When people die they go to television
and audition for their elevation.
Some are extra, others star
now it doesn’t matter. In my coffin
on the conveyor to the furnace
I dreamed that I might read the news or sing a song
on a talent show called What Went Wrong.
The flames forgot to touch me, but how to sing
one minute I was there, the next one gone –
a high note for when 
the clot exploded in my brain – sustained like a tragic diva
for the journey up the tunnel
of my last embodied thought:
pancakes hot and syrupy;
the sweet tart slightly gingerpop of blueberries with cream. 
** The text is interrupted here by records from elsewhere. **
-- ===== src/Mono/Ends.antt =====
-- When a match ends.
use puzzle_bubble.Prelude.{
  ◌<◌, ◌≡◌, refl, sym, ◌∙◌, inl, inr, arith, ◌==◌, ltb, true, false, Bool-cases, Option-cases, some,
  List, [], ◌∷◌, ◌∈◌, Distinct, length, String, str_eq, eq_iff, lookup, has, IsMap,
}
use puzzle_bubble.Gameplay.State.{PlayerState, has_lost}
use puzzle_bubble.Mono.{
  Names, Room, Server, is_started, alive, losers, finish, resolve_room_outcome,
}
use puzzle_bubble.Mono.Outcome.{IsAlive, alive_iff, alive_only}

-- A list without repetitions whose only member is `w`.
alone :
    (xs : List String) (w : String)
    → Distinct xs
    → w ∈ xs
    → ((q : String) → q ∈ xs → q ≡ w)
    → xs ≡ w ∷ []
alone [] w d m only = absurd m
alone (x ∷ []) w d m only = rw (only x (inl refl)) refl
alone (x ∷ y ∷ xs) w d m only =
    absurd (d.0 (inl (only x (inl refl) ∙ sym (only y (inr (inl refl))))))

module _ {F : Type 0} where
  alive-Distinct :
      (ps : Names) (states : List (String × PlayerState F)) → IsMap ps → Distinct (alive ps states)
  unfolding alive
  alive-Distinct [] states v = tt
  alive-Distinct ((p, u) ∷ ps) states v =
      let rest = alive-Distinct ps states v.1 in
      elim (Option-cases (lookup p states)) [
        | inl gone ↦ rw (alive, gone) rest
        | inr (st, there) ↦ elim (Bool-cases (has_lost st.status)) [
          | inl lost ↦ rw (alive, there, lost) rest
          | inr lives ↦
              rw (alive, there, lives)
                (
                  λ m.
                      let (member, _, _, _) = alive_only ps states p m in
                      absurd (ground (arith, member, v.0)),
                  rest,
                )
        ]
      ]

  -- A player of the room whose board is lost.
  abbrev pub IsLost : Names → List (String × PlayerState F) → String → Type 0
  IsLost ps states p =
      (has p ps ≡ true)
      × (st : PlayerState F) × (lookup p states ≡ some st)
      × (has_lost st.status ≡ true)

  losers_pos :
      (ps : Names) (states : List (String × PlayerState F)) (p : String)
      → IsLost ps states p
      → 0 < losers ps states
  unfolding losers has
  losers_pos [] states p (h, st, e, lost) = absurd (cc)
  losers_pos ((q, u) ∷ ps) states p (h, st, e, lost) = elim (Bool-cases (str_eq q p)) [
    | inl same ↦
        let at_q : lookup q states ≡ some st = rw ((eq_iff q p).0 same) e in
        rw (losers, at_q, lost) (omega arith)
    | inr other ↦
        let later = losers_pos ps states p (ground (arith, h, other), st, e, lost) in
        elim (Option-cases (lookup q states)) [
          | inl gone ↦ rw (losers, gone) later
          | inr (t, there) ↦ elim (Bool-cases (has_lost t.status)) [
            | inl lost' ↦ rw (losers, there, lost') (omega arith)
            | inr lives ↦ rw (losers, there, lives) later
          ]
        ]
  ]

  -- In a match of two players or more, each listed once, as soon as one player has lost and one
  -- other is the only one whose board is there and not lost, the match is over: that player is
  -- the winner, and the boards are returned finished.
  pub resolve_room_outcome-ends :
      (s : Server F) (rid winner loser : String) (room : Room)
      (states : List (String × PlayerState F))
      → lookup rid s.rooms ≡ some room
      → lookup rid s.game_states ≡ some states
      → is_started room.phase ≡ true
      → ltb (length room.players) 2 ≡ false
      → IsMap room.players
      → IsLost room.players states loser
      → IsAlive room.players states winner
      → ((p : String) → IsAlive room.players states p → p ≡ winner)
      → (resolve_room_outcome s rid).1 ≡ some (winner, finish winner states)
  unfolding resolve_room_outcome
  resolve_room_outcome-ends s rid winner loser room states e e' going many v lost lives only =
      let left : alive room.players states ≡ winner ∷ [] =
        alone (alive room.players states) winner (alive-Distinct room.players states v)
          (alive_iff room.players states winner lives)
          (λ q m. only q (alive_only room.players states q m)) in
      let one : (length (alive room.players states) == 1) ≡ true = rw left refl in
      let some_lost : (losers room.players states == 0) ≡ false =
        ground (arith, losers_pos room.players states loser lost) in
      rw (resolve_room_outcome, e, going, e', many, some_lost, one, left) refl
I left my loved ones in the kitchen – now
they’re on the couch – large as life –
of the earth – intangible – 
channel surfing – for me? –
just outside the screen. 
Ghosts are prettier than people– making up for the past – or
just making it up – our blemishes 
are lessened by the lost dimension.
On the third week of my death
I rose again – from the casting couch –
and sang of tinned spaghetti –
May the sauce be with you! 
Sing it like you mean it – the director snarled, 
Then they showered me in the stuff. 
On a nearby set they were sequelling
The Sound of Music – perhaps
I could understudy the captain
and marry sweet Maria.A nice lady, 
who introduced herself
as the executive producer
came over with a towel
have faith, she said, have faith
and then I knew
as I dabbed the gunk from my eyes
that we would shoot the ad 
jingle all the way to hell 
and again 
and again …

- Ed Wright 2018

Ed Wright is the author of six non-fiction books including Lost Explorers (Pier 9) and Ghost Colonies (Pier 9). His first full-length collection of poetry, When Sky Becomes the Space Inside Your Head, was published by Puncher and Wattman in 2012. He currently writes the New Australian Fiction review column for the Australian and is Director of The Creative Word Shop. He lives in Newcastle with his wife and two children.